■ TASK DETAILS: Each of the entries should be output exactly, with nothing left out.
(MATERIAL TO PROCESS Opens)
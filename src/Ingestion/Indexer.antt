-- ===== src/Ingestion/Indexer.antt =====
-- The indexer (packages/ingestion/src/anime_ingestion/indexer.py) over the tables anime_titles and
-- anime_chunks (packages/core/src/anime_core/db/models.py). A statement of SQL is the function on the
-- tables that it stands for. The numbers of the rows and the latencies are left out; the calls of the
-- embedder that measure a latency are made.
pub mod Rebuild
pub mod Titles
pub mod Run
pub mod Again
mod Tests
use anime_recommendation_eng.Base.{
  ℕ, Bool, true, false, not, ◌==◌, Option, none, some, List, [], ◌∷◌, ◌++◌, map, concat, length,
  elem, keep, if◌then◌else◌,
}
use anime_recommendation_eng.Base.Action.{
  Action, Slot, Exc, Outcome, ok, runtime_error, pure, raise, ◌>>=◌, ◌>>◌,
}
use anime_recommendation_eng.Base.Text.{Text, Unicode, codes, decimal}
use anime_recommendation_eng.Core.Embedder.{EmbedResult}
use anime_recommendation_eng.Ingestion.{Anime, AnimeChunk, chunk_anime}

-- A row of anime_chunks. The chunk holds its metadata.
pub record ChunkRow (S V : Type 0) : Type 0 where
  pub chunk : AnimeChunk S
  pub embedding : V
  pub embedding_model : Text

pub record Index (S V : Type 0) : Type 0 where
  pub titles : List (Anime S)
  pub chunks : List (ChunkRow S V)

pub record Embedder (W V : Type 0) : Type 0 where
  pub embed : List Text → Action W (EmbedResult V)
  pub model : Text

pub record Stats : Type 0 where
  pub anime_count : ℕ
  pub chunk_count : ℕ
  pub embed_total_tokens : ℕ

-- `_LATENCY_PROBE_QUERIES`
abbrev pub latency_probe_queries : List Text
latency_probe_queries =
    codes "light hearted school anime"
    ∷ codes "psychological thriller with a twist"
    ∷ codes "samurai action with humor"
    ∷ codes "slice of life cooking show"
    ∷ codes "isekai with overpowered protagonist"
    ∷ codes "romance high school drama"
    ∷ codes "mecha post-apocalyptic survival"
    ∷ codes "sports underdog story"
    ∷ codes "supernatural mystery investigation"
    ∷ codes "comedy with strong female lead"
    ∷ []

abbrev pub count_error : ℕ → ℕ → Exc
count_error embeddings chunks = record {
  kind = runtime_error;
  message =
      codes "Embedding count "
      ++ (decimal embeddings ++ (codes " != chunk count " ++ decimal chunks));
}

module _ {S : Type 0} where
  -- `INSERT … ON CONFLICT (mal_id) DO UPDATE SET name, score, genres, synopsis`
  unfoldable pub upsert_title : Anime S → List (Anime S) → List (Anime S)
  upsert_title a [] = a ∷ []
  upsert_title a (t ∷ ts) = if t.mal_id == a.mal_id then a ∷ ts else t ∷ upsert_title a ts

  unfoldable pub upsert_titles : List (Anime S) → List (Anime S) → List (Anime S)
  unfolding upsert_title
  upsert_titles [] titles = titles
  upsert_titles (a ∷ animes) titles = upsert_titles animes (upsert_title a titles)

  unfoldable pub all_chunks : Unicode → List (Anime S) → List (AnimeChunk S)
  unfolding chunk_anime
  all_chunks u animes = concat (map (chunk_anime u) animes)

  module _ {V : Type 0} where
    -- `zip(chunks, embeddings, strict=True)`, of lists that are equally long
    unfoldable pub rows_of : Text → List (AnimeChunk S) → List V → List (ChunkRow S V)
    rows_of model (c ∷ chunks) (v ∷ vectors) =
        record { chunk = c; embedding = v; embedding_model = model } ∷ rows_of model chunks vectors
    rows_of model _ _ = []

    -- `DELETE … WHERE mal_id IN mal_ids`, and the insertions
    unfoldable pub rebuild_chunks :
        List ℕ → List (ChunkRow S V) → List (ChunkRow S V) → List (ChunkRow S V)
    rebuild_chunks mal_ids rows table = keep (λ r. not (elem r.chunk.mal_id mal_ids)) table ++ rows

    module _ {W : Type 0} (u : Unicode) (index : Slot W (Index S V)) (embedder : Embedder W V) where
      unfoldable pub probe : List Text → Action W (Unit {0})
      probe [] = pure tt
      probe (q ∷ queries) = embedder.embed (q ∷ []) >> probe queries

      abbrev pub write_index : List (Anime S) → List (AnimeChunk S) → EmbedResult V → Action W Stats
      write_index animes chunks result w =
          let rows = rows_of embedder.model chunks result.embeddings in
          let i = index.read w in
          (
            ok (record {
              anime_count = length animes;
              chunk_count = length chunks;
              embed_total_tokens = result.total_tokens;
            }),
            index.write
                (record {
                  titles = upsert_titles animes i.titles;
                  chunks = rebuild_chunks (map (λ c. c.mal_id) chunks) rows i.chunks;
                })
                w,
          )

      abbrev pub with_embeddings :
          Bool → List (Anime S) → List (AnimeChunk S) → EmbedResult V → Action W Stats
      with_embeddings measure animes chunks result =
          if length result.embeddings == length chunks
          then (if measure then probe latency_probe_queries else pure tt)
            >> write_index animes chunks result
          else raise (count_error (length result.embeddings) (length chunks))

      abbrev pub of_animes : Bool → List (Anime S) → Action W Stats
      of_animes measure animes =
          embedder.embed (map (λ c. c.text) (all_chunks u animes))
          >>= with_embeddings measure animes (all_chunks u animes)

      abbrev pub loaded : Outcome (List (Anime S)) → Action W (List (Anime S))
      loaded animes w = (animes, w)

      -- `ingest`, of what `load_anime_csv` gives
      unfoldable pub ingest : Bool → Outcome (List (Anime S)) → Action W Stats
      unfolding probe all_chunks rows_of rebuild_chunks upsert_titles
      ingest measure_per_query_latency animes =
          loaded animes >>= of_animes measure_per_query_latency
(MATERIAL TO PROCESS Closes)
■ SOLUTION TO THIS TASK:
filename src/Ingestion/Indexer.antt
-- ===== src/Ingestion/Indexer.antt =====
-- The indexer (packages/ingestion/src/anime_ingestion/indexer.py) over the tables anime_titles and
-- anime_chunks (packages/core/src/anime_core/db/models.py). A statement of SQL is the function on the
-- tables that it stands for. The numbers of the rows and the latencies are left out; the calls of the
-- embedder that measure a latency are made.
pub mod Rebuild
pub mod Titles
pub mod Run
pub mod Again
mod Tests
use anime_recommendation_eng.Base.{
  ℕ, Bool, true, false, not, ◌==◌, Option, none, some, List, [], ◌∷◌, ◌++◌, map, concat, length,
  elem, keep, if◌then◌else◌,
}
use anime_recommendation_eng.Base.Action.{
  Action, Slot, Exc, Outcome, ok, runtime_error, pure, raise, ◌>>=◌, ◌>>◌,
}
use anime_recommendation_eng.Base.Text.{Text, Unicode, codes, decimal}
use anime_recommendation_eng.Core.Embedder.{EmbedResult}
use anime_recommendation_eng.Ingestion.{Anime, AnimeChunk, chunk_anime}

-- A row of anime_chunks. The chunk holds its metadata.
pub record ChunkRow (S V : Type 0) : Type 0 where
  pub chunk : AnimeChunk S
  pub embedding : V
  pub embedding_model : Text

pub record Index (S V : Type 0) : Type 0 where
  pub titles : List (Anime S)
  pub chunks : List (ChunkRow S V)

pub record Embedder (W V : Type 0) : Type 0 where
  pub embed : List Text → Action W (EmbedResult V)
  pub model : Text

pub record Stats : Type 0 where
  pub anime_count : ℕ
  pub chunk_count : ℕ
  pub embed_total_tokens : ℕ

-- `_LATENCY_PROBE_QUERIES`
abbrev pub latency_probe_queries : List Text
latency_probe_queries =
    codes "light hearted school anime"
    ∷ codes "psychological thriller with a twist"
    ∷ codes "samurai action with humor"
    ∷ codes "slice of life cooking show"
    ∷ codes "isekai with overpowered protagonist"
    ∷ codes "romance high school drama"
    ∷ codes "mecha post-apocalyptic survival"
    ∷ codes "sports underdog story"
    ∷ codes "supernatural mystery investigation"
    ∷ codes "comedy with strong female lead"
    ∷ []

abbrev pub count_error : ℕ → ℕ → Exc
count_error embeddings chunks = record {
  kind = runtime_error;
  message =
      codes "Embedding count "
      ++ (decimal embeddings ++ (codes " != chunk count " ++ decimal chunks));
}

module _ {S : Type 0} where
  -- `INSERT … ON CONFLICT (mal_id) DO UPDATE SET name, score, genres, synopsis`
  unfoldable pub upsert_title : Anime S → List (Anime S) → List (Anime S)
  upsert_title a [] = a ∷ []
  upsert_title a (t ∷ ts) = if t.mal_id == a.mal_id then a ∷ ts else t ∷ upsert_title a ts

  unfoldable pub upsert_titles : List (Anime S) → List (Anime S) → List (Anime S)
  unfolding upsert_title
  upsert_titles [] titles = titles
  upsert_titles (a ∷ animes) titles = upsert_titles animes (upsert_title a titles)

  unfoldable pub all_chunks : Unicode → List (Anime S) → List (AnimeChunk S)
  unfolding chunk_anime
  all_chunks u animes = concat (map (chunk_anime u) animes)

  module _ {V : Type 0} where
    -- `zip(chunks, embeddings, strict=True)`, of lists that are equally long
    unfoldable pub rows_of : Text → List (AnimeChunk S) → List V → List (ChunkRow S V)
    rows_of model (c ∷ chunks) (v ∷ vectors) =
        record { chunk = c; embedding = v; embedding_model = model } ∷ rows_of model chunks vectors
    rows_of model _ _ = []

    -- `DELETE … WHERE mal_id IN mal_ids`, and the insertions
    unfoldable pub rebuild_chunks :
        List ℕ → List (ChunkRow S V) → List (ChunkRow S V) → List (ChunkRow S V)
    rebuild_chunks mal_ids rows table = keep (λ r. not (elem r.chunk.mal_id mal_ids)) table ++ rows

    module _ {W : Type 0} (u : Unicode) (index : Slot W (Index S V)) (embedder : Embedder W V) where
      unfoldable pub probe : List Text → Action W (Unit {0})
      probe [] = pure tt
      probe (q ∷ queries) = embedder.embed (q ∷ []) >> probe queries

      abbrev pub write_index : List (Anime S) → List (AnimeChunk S) → EmbedResult V → Action W Stats
      write_index animes chunks result w =
          let rows = rows_of embedder.model chunks result.embeddings in
          let i = index.read w in
          (
            ok (record {
              anime_count = length animes;
              chunk_count = length chunks;
              embed_total_tokens = result.total_tokens;
            }),
            index.write
                (record {
                  titles = upsert_titles animes i.titles;
                  chunks = rebuild_chunks (map (λ c. c.mal_id) chunks) rows i.chunks;
                })
                w,
          )

      abbrev pub with_embeddings :
          Bool → List (Anime S) → List (AnimeChunk S) → EmbedResult V → Action W Stats
      with_embeddings measure animes chunks result =
          if length result.embeddings == length chunks
          then (if measure then probe latency_probe_queries else pure tt)
            >> write_index animes chunks result
          else raise (count_error (length result.embeddings) (length chunks))

      abbrev pub of_animes : Bool → List (Anime S) → Action W Stats
      of_animes measure animes =
          embedder.embed (map (λ c. c.text) (all_chunks u animes))
          >>= with_embeddings measure animes (all_chunks u animes)

      abbrev pub loaded : Outcome (List (Anime S)) → Action W (List (Anime S))
      loaded animes w = (animes, w)

      -- `ingest`, of what `load_anime_csv` gives
      unfoldable pub ingest : Bool → Outcome (List (Anime S)) → Action W Stats
      unfolding probe all_chunks rows_of rebuild_chunks upsert_titles
      ingest measure_per_query_latency animes =
          loaded animes >>= of_animes measure_per_query_latency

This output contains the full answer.